By Abdul Matin Sarfraz | Canada’s National Observer
General Motors will begin laying off hundreds of workers at its CAMI assembly plant in Ingersoll, Ont., starting Monday — a major economic hit to the town of 14,000.
The plant, which employs around 1,200 workers, produces BrightDrop electric delivery vans. GM says a slowdown in sales and high inventory levels have forced the company to pause production. Some limited production will continue into May, but operations are expected to fully stop until October. When production resumes in the fall, the company says it will operate at reduced capacity.
In a statement to media, GM said it remains committed to the CAMI plant and the future of BrightDrop, and will “support employees through the transition.”
The announcement comes amid broader concerns in Canada’s auto sector, as companies brace for the impact of US tariffs and shifting consumer demand.
“Certainly it’s not a good day for the town,” said Brian Petrie, mayor of Ingersoll. “Our thoughts go out to the employees who are affected. General Motors has been a great community partner since 1986, and they want to be here. We have the best workforce in the world.”
Petrie told Canada’s National Observer the layoffs will not only impact workers directly employed by General Motors but will also affect local suppliers, grocery stores, coffee shops, and other businesses. “This will affect our community — GM is our largest employer and taxpayer,” he said.
Petrie said the layoffs are linked to overproduction and weak sales. While not directly caused by US tariffs, he said the economic uncertainty created by those tariffs is making it harder for businesses to invest, especially in commercial vehicles. He added that the town is working with federal and provincial partners to support affected workers.

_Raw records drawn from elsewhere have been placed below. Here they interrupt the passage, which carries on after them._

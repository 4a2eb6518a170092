-- ===== src/Prelude/Membership.antt =====
-- Membership in a list, as a type with its place, and what list functions do to it.
use Prim.Native.Nat.{ℕ, ◌≤◌, ◌<◌}
use mathlib.Core.Path.{◌≡◌, refl, sym, ap, ◌∙◌}
use mathlib.Core.Logic.{◌⊎◌, inl, inr, ◌≢◌}
use mathlib.Core.Bool.{Bool, true, not}
use mathlib.Core.List.{List, [], ◌∷◌, ◌++◌, map}
use native.Mathlib.Omega.{arith}
use raft_vibe.Prelude.Lists.{length, retain, All}
use raft_vibe.Prelude.Tests.{Bool-cases, ◌==◌}

module _ {A : Type 0} where
  abbrev pub Has : A → List A → Type 0
  Has a [] = ⊥
  Has a (x ∷ xs) = (a ≡ x) ⊎ Has a xs

  pub All-Has : (P : A → Type 0) (l : List A) (a : A) → All P l → Has a l → P a
  All-Has P [] a ps m = absurd m
  All-Has P (x ∷ xs) a (p, ps) (inl e) = rw e p
  All-Has P (x ∷ xs) a (p, ps) (inr m) = All-Has P xs a ps m

  pub Has-All : (P : A → Type 0) (l : List A) → ((a : A) → Has a l → P a) → All P l
  Has-All P [] f = tt
  Has-All P (x ∷ xs) f = (f x (inl refl), Has-All P xs (λ a m. f a (inr m)))

  pub Has-append_left : (xs ys : List A) (a : A) → Has a xs → Has a (xs ++ ys)
  Has-append_left [] ys a m = absurd m
  Has-append_left (x ∷ xs) ys a (inl e) = inl e
  Has-append_left (x ∷ xs) ys a (inr m) = inr (Has-append_left xs ys a m)

  pub Has-append_right : (xs ys : List A) (a : A) → Has a ys → Has a (xs ++ ys)
  Has-append_right [] ys a m = m
  Has-append_right (x ∷ xs) ys a m = inr (Has-append_right xs ys a m)

  pub Has-append : (xs ys : List A) (a : A) → Has a (xs ++ ys) → Has a xs ⊎ Has a ys
  Has-append [] ys a m = inr m
  Has-append (x ∷ xs) ys a (inl e) = inl (inl e)
  Has-append (x ∷ xs) ys a (inr m) = elim (Has-append xs ys a m) [
    | inl l ↦ inl (inr l)
    | inr r ↦ inr r
  ]

  pub retain-Has : (p : A → Bool) (l : List A) (a : A) → Has a (retain p l) → Has a l × (p a ≡ true)
  retain-Has p [] a m = absurd m
  retain-Has p (x ∷ xs) a m = elim (Bool-cases (p x)) [
    | inr drops ↦ let (l, q) = retain-Has p xs a (rw drops at m) in (inr l, q)
    | inl keeps ↦
        let m' : Has a (x ∷ retain p xs) = rw keeps at m in
        elim m' [
          | inl e ↦ (inl e, ap p e ∙ keeps)
          | inr rest ↦ let (l, q) = retain-Has p xs a rest in (inr l, q)
        ]
  ]

  pub Has-retain : (p : A → Bool) (l : List A) (a : A) → Has a l → p a ≡ true → Has a (retain p l)
  Has-retain p [] a m q = absurd m
  Has-retain p (x ∷ xs) a (inl e) q = let k : p x ≡ true = ap p (sym e) ∙ q in rw k (inl e)
  Has-retain p (x ∷ xs) a (inr m) q = elim (Bool-cases (p x)) [
    | inl keeps ↦ rw keeps (inr (Has-retain p xs a m q))
    | inr drops ↦ rw drops (Has-retain p xs a m q)
  ]

pub Has-map : {A B : Type 0} (f : A → B) (l : List A) (a : A) → Has a l → Has (f a) (map f l)
Has-map f [] a m = absurd m
Has-map f (x ∷ xs) a (inl e) = inl (ap f e)
Has-map f (x ∷ xs) a (inr m) = inr (Has-map f xs a m)

pub map-Has :
    {A B : Type 0} (f : A → B) (l : List A) (b : B)
    → Has b (map f l)
    → (a : A) × Has a l × (b ≡ f a)
map-Has f [] b m = absurd m
map-Has f (x ∷ xs) b (inl e) = (x, inl refl, e)
map-Has f (x ∷ xs) b (inr m) = let (a, l, e) = map-Has f xs b m in (a, inr l, e)

-- The list without one number.
abbrev pub others : ℕ → List ℕ → List ℕ
others i l = retain (λ j. not (j == i)) l

pub others-Has : (i : ℕ) (l : List ℕ) (j : ℕ) → Has j (others i l) → Has j l × (j ≢ i)
others-Has i l j m =
    let (h, q) = retain-Has (λ k. not (k == i)) l j m in (h, λ e. ground (arith, q, e))

pub Has-others : (i : ℕ) (l : List ℕ) (j : ℕ) → Has j l → j ≢ i → Has j (others i l)
Has-others i l j m differs = Has-retain (λ k. not (k == i)) l j m (ground (arith, differs))

pub length-others-le : (i : ℕ) (l : List ℕ) → length (others i l) ≤ length l
length-others-le i [] = omega arith
length-others-le i (x ∷ xs) = ground (arith, length-others-le i xs)

pub length-others-lt : (i : ℕ) (l : List ℕ) → Has i l → length (others i l) < length l
length-others-lt i [] m = absurd m
length-others-lt i (x ∷ xs) (inl e) = ground (arith, length-others-le i xs)
length-others-lt i (x ∷ xs) (inr m) = ground (arith, length-others-lt i xs m)

module _ {A : Type 0} (P : A → Type 0) where
  pub All-snoc : (l : List A) (a : A) → All P l → P a → All P (l ++ a ∷ [])
  All-snoc [] a all p = (p, tt)
  All-snoc (x ∷ l) a (q, all) p = (q, All-snoc l a all p)

  pub All-retain : (keep : A → Bool) (l : List A) → All P l → All P (retain keep l)
  All-retain keep l all =
      Has-All P (retain keep l) (λ a h. All-Has P l a all (retain-Has keep l a h).0)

The plant, which employs around 1,200 workers, produces BrightDrop electric delivery vans. GM says a slowdown in sales and high inventory levels have forced the company to pause production.
The federal and Ontario governments each committed up to $259 million in 2022 to support General Motors’ investment in its Oshawa and Ingersoll plants. The funding was part of a larger $2-billion plan by GM to boost electric vehicle production in Canada.
A key part of that investment was focused on launching BrightDrop, GM’s electric commercial van brand. The CAMI plant in Ingersoll was retooled to produce BrightDrop Zevo vans and became Canada’s first full-scale EV manufacturing facility.
At the time, it was projected the CAMI facility would produce up to 50,000 electric BrightDrop vans annually by 2025 to meet expected demand.
But the BrightDrop vans have now faced a sluggish US market. The company has reportedly offered steep discounts to clear inventory, with hundreds of unsold vans now sitting in storage lots across North America.
Analysts blame the slowdown on high costs, weak demand for large EVs, and US trade tensions. Concerns also grow that a Trump administration could cut EV incentives.
Sheldon Williamson, a professor at Ontario Tech University, said the shutdown is a significant blow to the local workforce and the broader Canadian automotive industry, especially amid the push for EV manufacturing. “It highlights the ongoing challenges in balancing production shifts, supply chain issues, and labor stability,” said Williamson, who is also the Canada Research Chair in electric energy storage systems.
Unifor, Canada’s largest private-sector union, says GM’s decision to pause and reduce production at the Ingersoll plant is devastating for workers, their families, and the community.
“General Motors must do everything in its power to mitigate job loss during this downturn, and all levels of government must step up to support Canadian auto workers and Canadian-made products,” said Unifor National President Lana Payne in a statement.
The union is urging governments to use this moment to support Canadian workers, strengthen the country’s industrial strategy, and prioritize buying Canadian-made products.
Unifor said recent actions by US President Donald Trump — including new tariffs on Canadian-made vehicles and auto parts — have caused major disruption in the auto industry, adding pressure to an already uncertain market.
“The reality is the US is creating industry turmoil. Trump’s short-sighted tariffs and rejection of EV technology are disrupting investment and freezing future order projections,” Payne said. “This is creating an opening for China and other foreign automakers to dominate the global EV market while the North American industry risks falling behind.”
Payne warned that the global shift to electrification is accelerating, and if Canada and the US slow down now, they may never catch up. Failing to act, she added, could mean losing control of the industry’s future.